Go through the lines below, tally those that include the word "npos", and give only the tally.

Source records: Begin

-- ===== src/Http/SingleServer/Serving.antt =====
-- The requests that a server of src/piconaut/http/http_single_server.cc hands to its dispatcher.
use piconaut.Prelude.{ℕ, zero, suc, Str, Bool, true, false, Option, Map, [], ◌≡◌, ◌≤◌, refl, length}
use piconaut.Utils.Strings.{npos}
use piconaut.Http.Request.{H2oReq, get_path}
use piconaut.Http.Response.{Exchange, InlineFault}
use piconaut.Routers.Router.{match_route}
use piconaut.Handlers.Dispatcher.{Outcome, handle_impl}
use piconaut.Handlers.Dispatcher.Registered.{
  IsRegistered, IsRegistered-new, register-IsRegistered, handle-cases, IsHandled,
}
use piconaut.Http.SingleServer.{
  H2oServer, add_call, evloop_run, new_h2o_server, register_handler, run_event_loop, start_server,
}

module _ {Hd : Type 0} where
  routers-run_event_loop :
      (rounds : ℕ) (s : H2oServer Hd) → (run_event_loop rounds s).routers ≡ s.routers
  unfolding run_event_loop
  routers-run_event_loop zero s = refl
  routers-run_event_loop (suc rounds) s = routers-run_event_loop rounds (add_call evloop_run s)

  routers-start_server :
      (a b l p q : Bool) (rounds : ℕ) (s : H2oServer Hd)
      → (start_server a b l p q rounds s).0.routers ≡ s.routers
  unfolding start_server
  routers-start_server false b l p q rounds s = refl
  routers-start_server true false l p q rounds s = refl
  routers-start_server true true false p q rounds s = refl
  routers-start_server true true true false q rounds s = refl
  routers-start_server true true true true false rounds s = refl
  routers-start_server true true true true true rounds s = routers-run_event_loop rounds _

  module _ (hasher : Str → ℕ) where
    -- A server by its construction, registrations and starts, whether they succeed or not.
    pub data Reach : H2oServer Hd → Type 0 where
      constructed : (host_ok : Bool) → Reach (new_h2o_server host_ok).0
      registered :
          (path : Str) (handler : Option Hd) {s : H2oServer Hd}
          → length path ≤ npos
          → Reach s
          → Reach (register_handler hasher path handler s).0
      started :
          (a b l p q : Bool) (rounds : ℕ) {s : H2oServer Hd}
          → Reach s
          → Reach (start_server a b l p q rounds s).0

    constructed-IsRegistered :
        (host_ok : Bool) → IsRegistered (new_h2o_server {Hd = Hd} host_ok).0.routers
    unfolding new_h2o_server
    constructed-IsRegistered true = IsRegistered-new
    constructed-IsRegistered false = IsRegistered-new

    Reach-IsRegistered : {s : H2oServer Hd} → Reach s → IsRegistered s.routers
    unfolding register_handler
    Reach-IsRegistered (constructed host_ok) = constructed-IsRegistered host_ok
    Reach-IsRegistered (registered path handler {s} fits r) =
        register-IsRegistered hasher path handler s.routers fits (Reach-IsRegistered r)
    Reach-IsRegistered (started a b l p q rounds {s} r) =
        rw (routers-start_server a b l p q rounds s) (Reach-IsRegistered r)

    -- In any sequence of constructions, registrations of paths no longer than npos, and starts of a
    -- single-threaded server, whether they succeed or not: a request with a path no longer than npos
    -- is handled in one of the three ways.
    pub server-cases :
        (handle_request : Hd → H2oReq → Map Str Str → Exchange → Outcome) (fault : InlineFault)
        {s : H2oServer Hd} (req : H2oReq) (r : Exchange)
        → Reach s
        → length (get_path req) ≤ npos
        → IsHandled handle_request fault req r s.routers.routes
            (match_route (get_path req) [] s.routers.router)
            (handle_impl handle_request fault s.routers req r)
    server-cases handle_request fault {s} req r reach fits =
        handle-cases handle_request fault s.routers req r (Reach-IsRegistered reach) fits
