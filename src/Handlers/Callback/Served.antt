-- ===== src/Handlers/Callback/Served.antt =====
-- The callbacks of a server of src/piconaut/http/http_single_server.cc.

Source records: End
Source records: Begin

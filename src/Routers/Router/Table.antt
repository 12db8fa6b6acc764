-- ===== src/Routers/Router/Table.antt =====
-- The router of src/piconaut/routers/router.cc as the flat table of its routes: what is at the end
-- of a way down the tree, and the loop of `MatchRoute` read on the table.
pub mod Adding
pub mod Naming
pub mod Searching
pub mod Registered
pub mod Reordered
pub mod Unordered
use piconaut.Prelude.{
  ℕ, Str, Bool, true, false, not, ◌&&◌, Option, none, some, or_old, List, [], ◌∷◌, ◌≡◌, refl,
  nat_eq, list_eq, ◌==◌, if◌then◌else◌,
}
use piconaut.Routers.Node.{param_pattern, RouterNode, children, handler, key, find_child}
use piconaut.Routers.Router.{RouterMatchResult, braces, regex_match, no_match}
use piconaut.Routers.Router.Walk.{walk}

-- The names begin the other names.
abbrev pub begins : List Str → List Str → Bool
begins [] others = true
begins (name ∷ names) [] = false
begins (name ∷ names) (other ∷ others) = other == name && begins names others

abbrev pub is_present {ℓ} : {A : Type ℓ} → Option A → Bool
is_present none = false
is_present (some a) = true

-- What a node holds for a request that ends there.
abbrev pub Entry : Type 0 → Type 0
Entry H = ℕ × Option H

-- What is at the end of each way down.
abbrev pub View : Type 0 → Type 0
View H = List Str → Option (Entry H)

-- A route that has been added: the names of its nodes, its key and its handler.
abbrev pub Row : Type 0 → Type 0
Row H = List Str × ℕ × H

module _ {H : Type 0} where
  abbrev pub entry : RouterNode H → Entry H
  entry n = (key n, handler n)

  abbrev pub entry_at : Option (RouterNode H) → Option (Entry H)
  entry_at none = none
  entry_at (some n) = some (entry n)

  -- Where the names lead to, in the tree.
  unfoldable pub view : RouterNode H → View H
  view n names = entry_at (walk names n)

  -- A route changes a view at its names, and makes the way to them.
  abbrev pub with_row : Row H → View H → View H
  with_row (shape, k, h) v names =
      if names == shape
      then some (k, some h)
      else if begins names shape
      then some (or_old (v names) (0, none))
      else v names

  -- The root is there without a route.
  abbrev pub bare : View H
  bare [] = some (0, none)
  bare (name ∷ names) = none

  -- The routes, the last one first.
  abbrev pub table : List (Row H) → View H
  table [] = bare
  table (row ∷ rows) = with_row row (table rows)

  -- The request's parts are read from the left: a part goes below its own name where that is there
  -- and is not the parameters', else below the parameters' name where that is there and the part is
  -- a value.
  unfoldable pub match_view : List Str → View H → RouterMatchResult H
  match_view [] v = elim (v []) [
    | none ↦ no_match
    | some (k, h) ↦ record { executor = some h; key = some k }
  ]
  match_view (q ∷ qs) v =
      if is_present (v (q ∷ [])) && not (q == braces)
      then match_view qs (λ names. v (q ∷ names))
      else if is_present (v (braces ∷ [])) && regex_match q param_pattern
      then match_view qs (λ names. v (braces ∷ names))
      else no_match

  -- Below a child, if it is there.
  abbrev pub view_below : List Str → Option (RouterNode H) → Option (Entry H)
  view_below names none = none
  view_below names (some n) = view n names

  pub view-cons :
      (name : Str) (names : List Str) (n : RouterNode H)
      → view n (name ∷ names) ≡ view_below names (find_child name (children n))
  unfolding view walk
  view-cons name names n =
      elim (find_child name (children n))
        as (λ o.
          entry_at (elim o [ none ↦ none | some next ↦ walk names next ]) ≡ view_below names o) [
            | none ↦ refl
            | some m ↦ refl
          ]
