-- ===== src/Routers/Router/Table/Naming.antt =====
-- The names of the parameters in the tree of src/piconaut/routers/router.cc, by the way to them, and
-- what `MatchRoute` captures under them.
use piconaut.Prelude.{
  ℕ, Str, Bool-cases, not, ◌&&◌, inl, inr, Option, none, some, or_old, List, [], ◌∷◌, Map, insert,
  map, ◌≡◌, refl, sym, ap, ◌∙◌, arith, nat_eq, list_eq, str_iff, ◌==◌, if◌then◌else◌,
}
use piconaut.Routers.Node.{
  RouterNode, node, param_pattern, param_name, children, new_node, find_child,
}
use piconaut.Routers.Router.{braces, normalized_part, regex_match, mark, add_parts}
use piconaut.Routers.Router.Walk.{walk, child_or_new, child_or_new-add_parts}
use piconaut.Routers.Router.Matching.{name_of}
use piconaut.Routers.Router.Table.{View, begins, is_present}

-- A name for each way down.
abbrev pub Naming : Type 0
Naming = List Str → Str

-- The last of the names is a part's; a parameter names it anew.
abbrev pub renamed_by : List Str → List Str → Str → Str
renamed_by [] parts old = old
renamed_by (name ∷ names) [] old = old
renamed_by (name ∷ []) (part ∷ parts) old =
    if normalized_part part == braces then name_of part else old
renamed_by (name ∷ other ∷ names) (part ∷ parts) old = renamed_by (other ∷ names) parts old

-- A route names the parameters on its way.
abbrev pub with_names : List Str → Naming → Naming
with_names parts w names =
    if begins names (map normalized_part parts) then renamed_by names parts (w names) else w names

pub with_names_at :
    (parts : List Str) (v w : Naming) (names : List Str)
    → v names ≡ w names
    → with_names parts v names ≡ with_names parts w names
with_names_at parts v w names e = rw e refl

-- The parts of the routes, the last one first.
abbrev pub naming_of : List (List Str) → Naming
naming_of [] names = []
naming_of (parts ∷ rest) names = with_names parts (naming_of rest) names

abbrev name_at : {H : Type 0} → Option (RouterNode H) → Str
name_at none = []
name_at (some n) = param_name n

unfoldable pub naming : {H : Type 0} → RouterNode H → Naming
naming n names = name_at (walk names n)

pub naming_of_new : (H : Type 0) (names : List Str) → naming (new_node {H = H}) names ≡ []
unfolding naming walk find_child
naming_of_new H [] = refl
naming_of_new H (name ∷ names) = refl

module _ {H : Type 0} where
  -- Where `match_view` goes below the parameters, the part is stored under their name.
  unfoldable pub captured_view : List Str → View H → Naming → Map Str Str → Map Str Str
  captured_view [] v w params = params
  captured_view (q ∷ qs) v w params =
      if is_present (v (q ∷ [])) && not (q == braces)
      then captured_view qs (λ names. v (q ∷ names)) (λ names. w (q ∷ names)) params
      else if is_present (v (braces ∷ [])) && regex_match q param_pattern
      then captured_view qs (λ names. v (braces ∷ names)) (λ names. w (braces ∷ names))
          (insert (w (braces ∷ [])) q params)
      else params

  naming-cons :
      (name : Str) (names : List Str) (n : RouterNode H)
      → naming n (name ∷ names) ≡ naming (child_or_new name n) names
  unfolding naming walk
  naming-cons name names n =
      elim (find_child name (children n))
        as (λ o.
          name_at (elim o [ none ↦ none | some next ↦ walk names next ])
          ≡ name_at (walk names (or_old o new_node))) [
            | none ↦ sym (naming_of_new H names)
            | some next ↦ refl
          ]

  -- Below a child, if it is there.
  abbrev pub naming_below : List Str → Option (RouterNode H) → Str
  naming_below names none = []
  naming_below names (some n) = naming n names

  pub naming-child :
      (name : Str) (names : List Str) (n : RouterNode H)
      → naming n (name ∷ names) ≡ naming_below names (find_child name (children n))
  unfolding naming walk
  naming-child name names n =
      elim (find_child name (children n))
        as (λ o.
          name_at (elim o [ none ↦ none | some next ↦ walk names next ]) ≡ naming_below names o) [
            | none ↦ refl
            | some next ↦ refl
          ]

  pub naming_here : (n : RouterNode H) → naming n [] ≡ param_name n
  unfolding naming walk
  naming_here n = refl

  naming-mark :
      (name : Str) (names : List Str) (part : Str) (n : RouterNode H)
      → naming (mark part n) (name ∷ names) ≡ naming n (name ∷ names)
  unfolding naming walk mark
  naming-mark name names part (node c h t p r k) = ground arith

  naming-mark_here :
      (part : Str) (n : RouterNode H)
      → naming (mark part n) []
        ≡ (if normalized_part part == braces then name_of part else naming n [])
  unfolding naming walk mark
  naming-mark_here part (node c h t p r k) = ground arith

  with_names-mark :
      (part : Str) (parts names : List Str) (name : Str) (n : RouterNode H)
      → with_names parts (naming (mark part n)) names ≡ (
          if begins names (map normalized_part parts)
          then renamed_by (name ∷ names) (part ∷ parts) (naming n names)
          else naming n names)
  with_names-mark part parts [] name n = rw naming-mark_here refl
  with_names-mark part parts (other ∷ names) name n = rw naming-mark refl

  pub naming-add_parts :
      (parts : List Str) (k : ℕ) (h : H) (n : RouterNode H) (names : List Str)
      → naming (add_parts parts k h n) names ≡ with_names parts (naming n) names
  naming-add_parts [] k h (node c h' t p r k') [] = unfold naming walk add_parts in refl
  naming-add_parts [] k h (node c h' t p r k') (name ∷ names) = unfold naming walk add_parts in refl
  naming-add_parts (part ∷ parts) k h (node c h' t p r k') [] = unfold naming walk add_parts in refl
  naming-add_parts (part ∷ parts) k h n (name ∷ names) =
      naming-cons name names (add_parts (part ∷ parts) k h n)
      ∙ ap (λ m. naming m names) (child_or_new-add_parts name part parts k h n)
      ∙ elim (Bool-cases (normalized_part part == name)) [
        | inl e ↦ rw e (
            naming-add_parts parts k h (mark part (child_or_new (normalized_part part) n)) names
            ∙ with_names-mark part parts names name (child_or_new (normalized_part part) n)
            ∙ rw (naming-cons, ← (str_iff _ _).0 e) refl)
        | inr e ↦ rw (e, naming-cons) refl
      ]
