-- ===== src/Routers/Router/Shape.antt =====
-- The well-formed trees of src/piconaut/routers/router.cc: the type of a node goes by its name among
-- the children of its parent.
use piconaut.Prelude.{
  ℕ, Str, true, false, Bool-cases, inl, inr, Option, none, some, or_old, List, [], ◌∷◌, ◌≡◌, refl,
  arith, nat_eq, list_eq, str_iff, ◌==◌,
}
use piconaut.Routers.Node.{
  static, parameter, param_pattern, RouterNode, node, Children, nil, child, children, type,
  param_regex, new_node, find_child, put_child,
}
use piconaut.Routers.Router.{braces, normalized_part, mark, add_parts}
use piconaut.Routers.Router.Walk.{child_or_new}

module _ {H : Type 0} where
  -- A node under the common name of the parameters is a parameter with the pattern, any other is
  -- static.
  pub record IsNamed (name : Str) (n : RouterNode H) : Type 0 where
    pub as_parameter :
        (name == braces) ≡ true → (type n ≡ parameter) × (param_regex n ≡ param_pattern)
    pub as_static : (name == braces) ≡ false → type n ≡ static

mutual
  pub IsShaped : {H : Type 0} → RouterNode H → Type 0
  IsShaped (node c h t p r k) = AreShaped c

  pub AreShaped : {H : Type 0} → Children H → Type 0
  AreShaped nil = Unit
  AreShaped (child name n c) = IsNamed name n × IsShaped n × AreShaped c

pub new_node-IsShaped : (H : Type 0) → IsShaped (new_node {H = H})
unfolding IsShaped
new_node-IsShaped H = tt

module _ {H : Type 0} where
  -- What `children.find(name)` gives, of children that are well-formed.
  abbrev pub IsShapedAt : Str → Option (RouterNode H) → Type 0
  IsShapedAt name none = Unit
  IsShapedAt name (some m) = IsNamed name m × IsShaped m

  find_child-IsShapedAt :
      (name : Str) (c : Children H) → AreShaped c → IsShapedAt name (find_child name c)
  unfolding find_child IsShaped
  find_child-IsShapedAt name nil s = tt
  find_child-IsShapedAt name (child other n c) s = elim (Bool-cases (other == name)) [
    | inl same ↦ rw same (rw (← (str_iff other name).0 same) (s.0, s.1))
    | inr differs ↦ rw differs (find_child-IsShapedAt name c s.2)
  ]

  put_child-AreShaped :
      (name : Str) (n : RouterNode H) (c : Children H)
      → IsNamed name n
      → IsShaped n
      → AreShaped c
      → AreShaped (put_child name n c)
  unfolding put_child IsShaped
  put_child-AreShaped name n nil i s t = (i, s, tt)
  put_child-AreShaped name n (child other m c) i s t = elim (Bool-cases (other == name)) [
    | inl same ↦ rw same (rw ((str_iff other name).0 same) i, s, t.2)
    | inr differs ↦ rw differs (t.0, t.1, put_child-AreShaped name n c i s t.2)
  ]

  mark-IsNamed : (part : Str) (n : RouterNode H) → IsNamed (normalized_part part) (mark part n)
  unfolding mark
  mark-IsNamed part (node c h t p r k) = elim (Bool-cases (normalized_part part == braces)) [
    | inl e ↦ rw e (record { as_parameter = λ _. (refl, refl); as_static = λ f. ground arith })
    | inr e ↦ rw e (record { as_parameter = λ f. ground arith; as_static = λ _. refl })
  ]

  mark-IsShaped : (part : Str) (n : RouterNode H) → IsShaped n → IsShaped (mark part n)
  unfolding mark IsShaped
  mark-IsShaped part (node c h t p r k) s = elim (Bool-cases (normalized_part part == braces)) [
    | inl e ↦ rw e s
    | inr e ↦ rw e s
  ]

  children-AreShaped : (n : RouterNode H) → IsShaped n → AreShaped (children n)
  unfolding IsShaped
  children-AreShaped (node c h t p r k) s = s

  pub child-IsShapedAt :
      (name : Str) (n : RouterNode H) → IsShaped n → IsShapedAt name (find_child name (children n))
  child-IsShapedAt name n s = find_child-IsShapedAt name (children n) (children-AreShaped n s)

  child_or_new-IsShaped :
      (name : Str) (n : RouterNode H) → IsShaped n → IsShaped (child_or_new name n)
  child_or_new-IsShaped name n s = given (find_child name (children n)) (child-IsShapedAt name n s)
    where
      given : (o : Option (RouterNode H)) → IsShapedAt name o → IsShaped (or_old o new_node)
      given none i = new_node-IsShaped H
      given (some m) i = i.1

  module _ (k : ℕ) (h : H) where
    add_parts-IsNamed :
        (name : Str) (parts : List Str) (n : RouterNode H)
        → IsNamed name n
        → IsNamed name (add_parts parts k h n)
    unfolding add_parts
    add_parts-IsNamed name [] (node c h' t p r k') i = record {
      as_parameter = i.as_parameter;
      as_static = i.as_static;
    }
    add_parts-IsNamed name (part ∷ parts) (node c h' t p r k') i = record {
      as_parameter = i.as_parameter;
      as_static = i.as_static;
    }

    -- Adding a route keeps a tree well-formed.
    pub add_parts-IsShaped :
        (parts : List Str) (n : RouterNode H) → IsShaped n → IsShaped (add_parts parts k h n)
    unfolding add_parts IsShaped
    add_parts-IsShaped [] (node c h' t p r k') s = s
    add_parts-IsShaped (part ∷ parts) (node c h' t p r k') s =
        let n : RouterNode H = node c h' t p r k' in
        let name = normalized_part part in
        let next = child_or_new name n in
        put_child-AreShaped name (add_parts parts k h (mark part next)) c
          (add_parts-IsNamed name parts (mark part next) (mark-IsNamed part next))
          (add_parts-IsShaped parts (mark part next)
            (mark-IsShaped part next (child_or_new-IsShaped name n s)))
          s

Source records: End
Source records: Begin

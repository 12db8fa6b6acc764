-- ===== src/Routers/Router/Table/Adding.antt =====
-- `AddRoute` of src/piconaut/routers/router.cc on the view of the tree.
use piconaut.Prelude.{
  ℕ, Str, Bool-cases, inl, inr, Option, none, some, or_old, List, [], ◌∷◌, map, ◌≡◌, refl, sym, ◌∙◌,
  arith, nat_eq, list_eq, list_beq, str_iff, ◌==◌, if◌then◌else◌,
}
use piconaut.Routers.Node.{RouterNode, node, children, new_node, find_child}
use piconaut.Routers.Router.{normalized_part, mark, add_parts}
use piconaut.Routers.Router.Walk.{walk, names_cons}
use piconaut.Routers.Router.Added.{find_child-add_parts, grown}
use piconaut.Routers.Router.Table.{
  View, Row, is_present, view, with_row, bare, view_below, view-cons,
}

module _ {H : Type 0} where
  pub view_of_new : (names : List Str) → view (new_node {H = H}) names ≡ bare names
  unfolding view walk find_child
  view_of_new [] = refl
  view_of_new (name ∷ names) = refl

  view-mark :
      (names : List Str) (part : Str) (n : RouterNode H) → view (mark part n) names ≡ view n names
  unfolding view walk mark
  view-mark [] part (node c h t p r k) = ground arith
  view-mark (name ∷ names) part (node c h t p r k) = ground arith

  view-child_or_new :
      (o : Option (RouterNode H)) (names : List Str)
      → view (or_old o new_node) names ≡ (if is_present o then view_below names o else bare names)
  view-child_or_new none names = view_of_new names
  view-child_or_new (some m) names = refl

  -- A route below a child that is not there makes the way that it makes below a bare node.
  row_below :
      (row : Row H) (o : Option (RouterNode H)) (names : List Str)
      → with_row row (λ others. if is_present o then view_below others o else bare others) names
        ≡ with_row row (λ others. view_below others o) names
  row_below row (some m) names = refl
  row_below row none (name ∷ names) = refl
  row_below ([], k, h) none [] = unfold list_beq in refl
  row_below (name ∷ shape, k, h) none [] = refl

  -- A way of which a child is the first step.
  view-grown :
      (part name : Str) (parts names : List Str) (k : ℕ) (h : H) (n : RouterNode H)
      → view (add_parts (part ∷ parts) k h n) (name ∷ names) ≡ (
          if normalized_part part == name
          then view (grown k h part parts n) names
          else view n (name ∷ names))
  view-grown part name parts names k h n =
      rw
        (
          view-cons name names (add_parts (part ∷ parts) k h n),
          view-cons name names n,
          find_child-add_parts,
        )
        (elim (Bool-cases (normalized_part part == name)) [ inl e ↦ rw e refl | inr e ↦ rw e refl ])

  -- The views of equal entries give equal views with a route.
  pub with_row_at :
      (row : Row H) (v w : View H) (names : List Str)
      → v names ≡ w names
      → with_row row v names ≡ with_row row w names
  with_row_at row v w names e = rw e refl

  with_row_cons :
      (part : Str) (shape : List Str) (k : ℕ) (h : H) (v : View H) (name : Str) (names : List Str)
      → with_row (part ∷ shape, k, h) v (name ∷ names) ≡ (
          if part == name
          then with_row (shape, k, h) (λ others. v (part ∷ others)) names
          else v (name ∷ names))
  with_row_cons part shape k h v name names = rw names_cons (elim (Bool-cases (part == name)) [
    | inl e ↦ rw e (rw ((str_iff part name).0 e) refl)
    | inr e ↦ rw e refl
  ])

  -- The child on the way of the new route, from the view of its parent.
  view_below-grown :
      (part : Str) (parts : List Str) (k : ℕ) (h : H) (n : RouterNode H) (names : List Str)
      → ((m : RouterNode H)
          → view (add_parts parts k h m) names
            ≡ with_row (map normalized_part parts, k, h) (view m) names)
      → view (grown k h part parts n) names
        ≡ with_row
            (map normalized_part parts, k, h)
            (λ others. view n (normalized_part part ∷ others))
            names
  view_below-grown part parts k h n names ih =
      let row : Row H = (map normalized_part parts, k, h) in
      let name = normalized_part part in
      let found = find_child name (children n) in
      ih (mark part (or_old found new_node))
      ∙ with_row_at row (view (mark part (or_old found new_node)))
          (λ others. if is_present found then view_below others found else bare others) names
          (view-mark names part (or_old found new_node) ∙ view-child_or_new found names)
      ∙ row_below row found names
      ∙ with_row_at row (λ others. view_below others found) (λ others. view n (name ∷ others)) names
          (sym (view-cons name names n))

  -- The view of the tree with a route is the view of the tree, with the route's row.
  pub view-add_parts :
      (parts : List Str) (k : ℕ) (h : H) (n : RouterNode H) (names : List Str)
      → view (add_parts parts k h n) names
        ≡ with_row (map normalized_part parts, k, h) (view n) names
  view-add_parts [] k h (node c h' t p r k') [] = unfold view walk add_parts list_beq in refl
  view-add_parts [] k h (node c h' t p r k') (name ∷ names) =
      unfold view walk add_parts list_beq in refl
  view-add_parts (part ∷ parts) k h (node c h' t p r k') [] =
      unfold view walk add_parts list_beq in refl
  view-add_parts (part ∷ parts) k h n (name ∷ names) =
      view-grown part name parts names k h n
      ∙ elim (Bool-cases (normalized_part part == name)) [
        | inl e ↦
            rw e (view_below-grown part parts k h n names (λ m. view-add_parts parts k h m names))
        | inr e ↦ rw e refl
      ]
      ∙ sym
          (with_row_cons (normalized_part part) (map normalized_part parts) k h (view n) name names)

Source records: End

**Exercise output:** 5